As políticas de distribuição de renda implementadas pelo Estado nos últimos anos (necessárias, mas insuficientes para garantirem o pleno exercício da cidadania) possibilitaram aos jovens novas perspectivas de vida. Porém, para parcelas conservadoras  da sociedade, esses horizontes juvenis não deveriam ultrapassar os guetos das periferias e a entrada na “sociedade civilizada” só era permitida na condição de “consumidores” e mais nada…
Mas os jovens, culturalmente revoltados com a delimitação de seus espaços de sociabilidade, não se contentam mais com tênis de marca e smartphones. Querem também diversão e arte. Não se contentam em participar da “mesa do consumo” como meros objetos. 

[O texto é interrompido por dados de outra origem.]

-- ===== src/Wal/Writer/Ownership.antt =====
-- lib/wal/wal_writer.cpp: the file that a writer has open is its own.
use enigma_db.Base.{
  ℕ, ◌+◌, ◌%◌, ◌^◌, ◌<◌, ◌≡◌, refl, ◌∙◌, sym, leb, Bool, true, false, Option, none, some, List,
  arith, inl, inr, Bool-cases, Option-cases,
}
use mathlib.Core.Path.{subst}
use enigma_db.Outcome.{returned, After, if-After, bind-After}
use enigma_db.Entry.Codec.Body.{Stored, entry_of, IsStorable, body_size}
use enigma_db.Wal.Streams.{FilePath, Files, Output, write, sync, open_append}
use enigma_db.Wal.Streams as Streams
use enigma_db.Wal.Codec.{FlushMode, no_flush, force_flush, finish}
use enigma_db.Wal.Codec.Records.{frame, encode, write_record_lem, write_record_unopened}
use enigma_db.Wal.Writer.{Writer, close_stream, flush, close, rotate, count, append, file_path}
use enigma_db.Wal.Writer.Durability.{path-close_stream}

output : Option FilePath → Bool → List ℕ → Files → Output
output path good buffer files = record { path = path; good = good; buffer = buffer; files = files }

open_path-write :
    (bytes : List ℕ) (path : Option FilePath) (good : Bool) (buffer : List ℕ) (files : Files)
    → (write bytes (output path good buffer files)).path ≡ path
unfolding write output
open_path-write bytes none good buffer files = refl
open_path-write bytes (some p) true buffer files = refl
open_path-write bytes (some p) false buffer files = refl

path-write : (bytes : List ℕ) (o : Output) → (write bytes o).path ≡ o.path
unfolding output
path-write bytes o = open_path-write bytes o.path o.good o.buffer o.files

open_path-flush :
    (path : Option FilePath) (good : Bool) (buffer : List ℕ) (files : Files)
    → (Streams.flush (output path good buffer files)).path ≡ path
unfolding Streams.flush sync output
open_path-flush none good buffer files = refl
open_path-flush (some p) true buffer files = refl
open_path-flush (some p) false buffer files = refl

path-flush : (o : Output) → (Streams.flush o).path ≡ o.path
unfolding output
path-flush o = open_path-flush o.path o.good o.buffer o.files

path-finish : (mode : FlushMode) (o : Output) → (finish mode o).path ≡ o.path
path-finish no_flush o = refl
path-finish force_flush o = path-flush o

-- No file is open, or the one with the name.
abbrev pub IsOwn : FilePath → Option FilePath → Type 0
IsOwn name none = Unit
IsOwn name (some path) = path ≡ name

open_append-IsOwn :
    (opens : FilePath → Bool) (name : FilePath) (path : Option FilePath) (good : Bool)
    (buffer : List ℕ) (files : Files)
    → path ≡ none
    → IsOwn name (open_append opens name (output path good buffer files)).path
unfolding open_append output
open_append-IsOwn opens name none good buffer files closed = elim (Bool-cases (opens name)) [
  | inl free ↦ rw free refl
  | inr refused ↦ rw refused tt
]
open_append-IsOwn opens name (some p) good buffer files closed = absurd (cc closed)

-- A writer with an id in a directory, and with the file of its number open, if any.
pub record IsOwner (id : ℕ) (dir : FilePath) (w : Writer) : Type 0 where
  pub numbered : w.writer_id ≡ id
  pub directory : w.wal_dir ≡ dir
  pub bounded : w.current_file_number < 2 ^ 32
  pub own : IsOwn (file_path w w.current_file_number) w.current_out_stream.path

pub renumber-IsOwner :
    {id id' : ℕ} {dir : FilePath} (w : Writer) → id ≡ id' → IsOwner id dir w → IsOwner id' dir w
renumber-IsOwner {dir} w same h = subst (λ n. IsOwner n dir w) same h

-- The files of the directory do not matter.
pub files-IsOwner :
    {id : ℕ} {dir : FilePath} (files : Files) (w : Writer)
    → IsOwner id dir w
    → IsOwner id dir
        (record w { current_out_stream = record w.current_out_stream { files = files } })
unfolding file_path
files-IsOwner files w h = record {
  numbered = h.numbered;
  directory = h.directory;
  bounded = h.bounded;
  own = h.own;
}

-- A call that leaves the path of the stream as it is.
stream-IsOwner :
    {id : ℕ} {dir : FilePath} (w : Writer) (o : Output) (size : ℕ)
    → o.path ≡ w.current_out_stream.path
    → IsOwner id dir w
    → IsOwner id dir (record w { current_out_stream = o; current_file_size = size })
unfolding file_path
stream-IsOwner w o size same h = record {
  numbered = h.numbered;
  directory = h.directory;
  bounded = h.bounded;
  own = subst (IsOwn (file_path w w.current_file_number)) (sym same) h.own;
}

closed-IsOwner :
    {id : ℕ} {dir : FilePath} (w : Writer) (o : Output)
    → o.path ≡ none
    → IsOwner id dir w
    → IsOwner id dir (record w { current_out_stream = o })
unfolding file_path
closed-IsOwner w o closed h = record {
  numbered = h.numbered;
  directory = h.directory;
  bounded = h.bounded;
  own = subst (IsOwn (file_path w w.current_file_number)) (sym closed) tt;
}

module _ {id : ℕ} {dir : FilePath} where
  pub flush-IsOwner : (w : Writer) → IsOwner id dir w → After (IsOwner id dir) (flush w)
  unfolding flush
  flush-IsOwner w h =
      stream-IsOwner w (Streams.flush w.current_out_stream) w.current_file_size
        (path-flush w.current_out_stream) h

  pub close-IsOwner : (w : Writer) → IsOwner id dir w → After (IsOwner id dir) (close w)
  unfolding close
  close-IsOwner w h =
      closed-IsOwner w (close_stream w.current_out_stream) (path-close_stream w.current_out_stream)
        h

  rotate-IsOwner :
      (opens : FilePath → Bool) (w : Writer)
      → IsOwner id dir w
      → After (IsOwner id dir) (rotate opens w)
  unfolding rotate file_path output
  rotate-IsOwner opens w h =
      let number = (w.current_file_number + 1) % 2 ^ 32 in
      let o = close_stream w.current_out_stream in
      let w' = record w {
        current_out_stream = open_append opens (file_path w number) o;
        current_file_number = number;
      } in
      let h' : IsOwner id dir w' = record {
        numbered = h.numbered;
        directory = h.directory;
        bounded = omega arith;
        own =
            open_append-IsOwn opens (file_path w number) o.path o.good o.buffer o.files
              (path-close_stream w.current_out_stream);
      } in
      if-After (IsOwner id dir) (w'.current_out_stream.good) _ _
        (stream-IsOwner w' w'.current_out_stream 0 refl h') h'

  count-IsOwner :
      (opens : FilePath → Bool) (written : ℕ) (w : Writer)
      → IsOwner id dir w
      → After (IsOwner id dir) (count opens written w)
  unfolding count
  count-IsOwner opens written w h =
      let size = (w.current_file_size + written) % 2 ^ 64 in
      let w' = record w { current_file_size = size } in
      let h' : IsOwner id dir w' = stream-IsOwner w w.current_out_stream size refl h in
      if-After (IsOwner id dir) (leb w.max_file_size size) _ _
        (bind-After (IsOwner id dir) (rotate opens) (λ done. returned true) w'
          (rotate-IsOwner opens w' h') (λ done w'' k. k))
        h'

  pub append-IsOwner :
      (opens : FilePath → Bool) (e : Stored) (mode : FlushMode) (w : Writer)
      → IsStorable e
      → body_size e + 17 < 2 ^ 32
      → IsOwner id dir w
      → After (IsOwner id dir) (append opens (entry_of e) mode w)
  unfolding append
  append-IsOwner opens e mode w ok small h = elim (Option-cases w.current_out_stream.path) [
    | inl unopened ↦
        rw (write_record_unopened mode (entry_of e) w.current_out_stream unopened, append) tt
    | inr (path, opened) ↦
        let c = encode e ok small in
        let o = w.current_out_stream in
        rw (write_record_lem mode e c o path opened, append)
          (count-IsOwner opens _ _ (
            stream-IsOwner w (finish mode (write (frame c.payload) o)) w.current_file_size
              (path-finish mode (write (frame c.payload) o) ∙ path-write (frame c.payload) o) h))
  ]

Inconformados com a carência de espaços públicos e privados de encontro e diversão (dado que os espaços públicos nas grandes cidades ou são privatizados ou passam por processos de readequação visando a oferecer lazer para os segmentos mais abastados), os jovens da periferia, usando das redes sociais e em bando (forma de autoproteção contra o velho aparato de repressão utilizado historicamente pelo Estado para conter os pobres)   iniciaram importante movimento no qual explicitam algumas das mazelas da nossa sociedade. 
Usando os templos de consumo dos “homens de bens” como local de protesto, forçam um debate impostergável: nossas cidades são para todos ou para alguns? 
O conflito que se instala com a ação dos rolezinhos é legítimo e civilizatório:  excelente oportunidade para se discutir “que país é este”.